** Data to process follows **
-- ===== src/Knowledge.antt =====
-- directory_sync.go: the record of the paths that were indexed under each directory root. A call
-- holds the lock throughout, so it is one step on the record and on the store that its callback
-- changes. Writing the manifest to the disk is an argument, with its error as the result.
pub mod Ingest
pub mod Recorded
pub mod Indexed
pub mod Sources
pub mod Failures
use go_rag_agent.Base.{
  Bool, true, false, not, List, [], ◌∷◌, ◌++◌, Option, none, some, if◌then◌else◌, Text, text_eq,
  trim_space, is_empty, any, filter, Map, find, put, delete, clean, sort_texts, compact,
}

pub data KnowledgeError : Type 0 where
  nil_source : KnowledgeError
  context_error resolve_error access_error upsert_error delete_error persist_error :
      Text → KnowledgeError
  load_error embed_error : Text → Text → KnowledgeError
  count_error : Text → KnowledgeError

pub record DirectorySync : Type 0 where
  pub manifest_path : Text
  pub roots : Map (List Text)

-- the loop over the paths
unfoldable pub clean_sync_paths : List Text → List Text
clean_sync_paths [] = []
clean_sync_paths (path ∷ paths) =
    let rest = clean_sync_paths paths in
    let cleaned = trim_space path in if is_empty cleaned then rest else clean cleaned ∷ rest

unfoldable pub normalize_sync_paths : List Text → List Text
unfolding clean_sync_paths
normalize_sync_paths paths = compact (sort_texts (clean_sync_paths paths))

unfoldable pub diff_paths : List Text → List Text → List Text
unfolding filter any
diff_paths previous current = filter (λ path. not (any (text_eq path) current)) previous

unfoldable pub union_paths : List Text → List Text → List Text
union_paths a b = normalize_sync_paths (a ++ b)

unfoldable pub or_none : Option (List Text) → List Text
or_none none = []
or_none (some paths) = paths

-- `s.roots[root]`
unfoldable pub recorded : Text → DirectorySync → List Text
unfolding or_none
recorded root d = or_none (find root d.roots)

abbrev pub WriteFile : Type 0
WriteFile = Text → Map (List Text) → Option Text

unfoldable pub persist : WriteFile → Map (List Text) → DirectorySync → Option Text
persist write next d = if is_empty d.manifest_path then none else write d.manifest_path next

-- the new roots are kept only where the manifest could be written
unfoldable pub commit :
    WriteFile → Map (List Text) → DirectorySync → Option KnowledgeError × DirectorySync
unfolding persist
commit write next d = elim (persist write next d) [
  | none ↦ (none, record d { roots = next })
  | some err ↦ (some (persist_error err), d)
]

unfoldable pub next_roots : Text → List Text → DirectorySync → Map (List Text)
next_roots root current d =
    if is_empty current then delete root d.roots else put root current d.roots

abbrev pub Outcome : Type 0 → Type 0
Outcome S = Option KnowledgeError × DirectorySync × S

module _ {S : Type 0} where
  -- what follows the callback, which has left the store in the last argument
  unfoldable pub after_apply :
      WriteFile → Map (List Text) → DirectorySync → Option KnowledgeError × S → Outcome S
  unfolding commit
  after_apply write next d (some err, s) = (some err, d, s)
  after_apply write next d (none, s) = let (e, d') = commit write next d in (e, d', s)

  unfoldable pub sync :
      WriteFile
      → Text
      → List Text
      → (List Text → S → Option KnowledgeError × S)
      → DirectorySync
      → S
      → Outcome S
  unfolding next_roots after_apply
  sync write root raw apply d s =
      let r = clean root in
      let current = normalize_sync_paths raw in
      after_apply write (next_roots r current d) d (apply (diff_paths (recorded r d) current) s)

  unfoldable pub remove :
      WriteFile
      → Text
      → List Text
      → (List Text → S → Option KnowledgeError × S)
      → DirectorySync
      → S
      → Outcome S
  unfolding after_apply
  remove write root raw apply d s =
      let r = clean root in
      let paths = union_paths (recorded r d) (normalize_sync_paths raw) in
      after_apply write (delete r d.roots) d (apply paths s)
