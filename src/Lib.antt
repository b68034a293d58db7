-- ===== src/Lib.antt =====
-- CHORUS migrates the checkpoints of training jobs from node-local storage to a parallel file system
-- (PFS). On each node a migrater copies checkpoints at a rate that an orchestrator sets; the
-- orchestrator divides the bandwidth of the PFS among the nodes by a policy.
--
-- The parts and their files:
-- - src/protocol/cluster.proto, the messages: Protocol.
-- - src/orchestrator/scheduler.py: `ClusterState` is Orchestrator.Cluster, the policies with their
--   `decide` are Orchestrator.Policy. A method of `ClusterState` holds its lock, so it is one step,
--   and what `time.time()` gave is its argument.
-- - src/orchestrator/server.py: `OrchestratorService` is Orchestrator.Service, where the streams of
--   `Monitor` run as interleaved events; `load_priority_map` is Orchestrator.PriorityMap, and the
--   choice of the policy in `__main__` is Orchestrator.Start.
-- - src/migrater/token_bucket.py: `token_bucket_copy` is Migrater.TokenBucket, a loop over rounds, in
--   each of which the clock and the throughput provider return what they like, and the reading or
--   writing of a chunk may fail; its command line is Migrater.Metrics.
-- - src/migrater/progress.py: Migrater.Progress.
-- - src/migrater/server.py: `MigraterService` is Migrater.Service; its threads run as interleaved
--   events, each a section under the lock or one access of a shared flag; its state is
--   Migrater.State.
-- - src/protocol/orchestrator/client.py: Migrater.HeartbeatStream.
-- - src/torch_ext/checkpoint.py and src/protocol/migrater/client.py: the paths, as `pathlib`
--   writes them, are TorchExt.Paths, the class `Checkpoint` with the client that it calls is
--   TorchExt.Checkpoint.
-- - src/train/trainer.py: Train.Trainer, a loop on fuel.
-- - src/train/train.py: the validation is Train.Start; the command line, `main` and the status of the
--   process are Train.Main, where the trainer saves through TorchExt.Checkpoint.
-- - src/train/download_assets.py, model.py and dataset.py: Train.Assets, over a `Library` that stands
--   for transformers, datasets and the disk, where they also cache what they download.
-- - src/utils/size_parser.py: SizeParser, on the codes of an ASCII text.
-- - The line that each heartbeat of the migrater prints is Migrater.Log; the parsers of that log in
--   backup/plot_migrater_metrics.py and backup/plot_migrater_ratio.py are Plots.Metrics and
--   Plots.Ratio, with their patterns as functions that search a text from left to right; what
--   the two make of the numbers is Plots.Drawing.
-- - backup/checkpointing: Checkpointing, the managers as a data type with `save` and `load` by clauses,
--   and PyTorch as a parameter; a `state_dict` of a model stands for its live tensors.
--
-- System has what the copy, the migrater and the orchestrator do together; System.Bandwidth has all
-- copies of a cluster together, and System.Completion the threads of the migrater with their copies.
-- Common has what the parts share: lists, dictionaries, numbers, texts, exceptions. Float has the
-- floats, a parameter with named laws, which whole numbers meet: Float.Laws has those of order, and
-- Float.Rounding what rounding may change, the standard model of IEEE 754 arithmetic for results that
-- neither overflow nor are subnormal. Tests has concrete runs.
--
-- The fuel of `train_epochs` counts runs through the data; as many as steps are enough.
--
-- Times in the token bucket are whole ticks, `hz` to a second, and tokens are counted in 1/hz byte, so
-- that its arithmetic is exact. `copy_loop` takes a list of rounds; how many are enough is a theorem.
--
-- Not modelled: the creation of the gRPC servers and the size of their thread pools, what else is
-- printed, argparse's own parsing, the generated protocol code, the tokenizing and batching that
-- src/train/dataset.py leaves to libraries, the benchmarks and the pictures of the plots.
pub mod Common
pub mod Float
pub mod Protocol
pub mod Orchestrator
pub mod Migrater
pub mod TorchExt
pub mod Train
pub mod System
pub mod SizeParser
pub mod Plots
pub mod Checkpointing
mod Tests
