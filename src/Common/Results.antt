-- ===== src/Common/Results.antt =====
-- The exceptions that the program raises or lets through, as values.
use mathlib.Core.Path.{◌≡◌, refl}
use mathlib.Core.Bool.{Bool}
use ca_project.Common.Tests.{if◌then◌else◌}

pub data Exception : Type 0 where
  zero_division_error value_error assertion_error type_error os_error runtime_error : Exception
  attribute_error key_error index_error : Exception

-- what a Python call comes to
pub data Result {κ} (V : Type κ) : Type κ where
  raise : (e : Exception) → Result V
  ok : (v : V) → Result V

-- `if not test: raise e`, and `assert test`
abbrev pub check : Bool → Exception → Result (Unit {0})
check test e = if test then ok tt else raise e

module _ {κ} {W : Type κ} where
  infixl 5 ◌>>=◌ ◌>>◌
  abbrev pub ◌>>=◌ {ℓ} : {V : Type ℓ} → Result V → (V → Result W) → Result W
  (raise e) >>= next = raise e
  (ok v) >>= next = next v

  abbrev pub ◌>>◌ : Result (Unit {0}) → Result W → Result W
  (raise e) >> next = raise e
  (ok _) >> next = next

-- What returns, in two parts that return.
pub bind-ok {ℓ κ} :
    {V : Type ℓ} {W : Type κ} (r : Result V) (next : V → Result W) {w : W}
    → (r >>= next) ≡ ok w
    → (v : V) × (r ≡ ok v) × (next v ≡ ok w)
bind-ok (ok v) next h = (v, refl, h)
bind-ok (raise e) next h = absurd (cc)

pub bind_assoc {ℓ κ μ} :
    {U : Type ℓ} {V : Type κ} {W : Type μ} (r : Result U) (f : U → Result V) (g : V → Result W)
    → (r >>= λ u. f u >>= g) ≡ (r >>= f >>= g)
bind_assoc (ok u) f g = refl
bind_assoc (raise e) f g = refl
** End of Data to process **
** Task objective **
Without changing anything, quote the lines from the top of the data to the line that contains "normalize_sync_paths paths = compact", including that line.

** Written solution **
-- ===== src/Knowledge.antt =====
-- directory_sync.go: the record of the paths that were indexed under each directory root. A call
-- holds the lock throughout, so it is one step on the record and on the store that its callback
-- changes. Writing the manifest to the disk is an argument, with its error as the result.
pub mod Ingest
pub mod Recorded
pub mod Indexed
pub mod Sources
pub mod Failures
use go_rag_agent.Base.{
  Bool, true, false, not, List, [], ◌∷◌, ◌++◌, Option, none, some, if◌then◌else◌, Text, text_eq,
  trim_space, is_empty, any, filter, Map, find, put, delete, clean, sort_texts, compact,
}

pub data KnowledgeError : Type 0 where
  nil_source : KnowledgeError
  context_error resolve_error access_error upsert_error delete_error persist_error :
      Text → KnowledgeError
  load_error embed_error : Text → Text → KnowledgeError
  count_error : Text → KnowledgeError

pub record DirectorySync : Type 0 where
  pub manifest_path : Text
  pub roots : Map (List Text)

-- the loop over the paths
unfoldable pub clean_sync_paths : List Text → List Text
clean_sync_paths [] = []
clean_sync_paths (path ∷ paths) =
    let rest = clean_sync_paths paths in
    let cleaned = trim_space path in if is_empty cleaned then rest else clean cleaned ∷ rest

unfoldable pub normalize_sync_paths : List Text → List Text
unfolding clean_sync_paths
normalize_sync_paths paths = compact (sort_texts (clean_sync_paths paths))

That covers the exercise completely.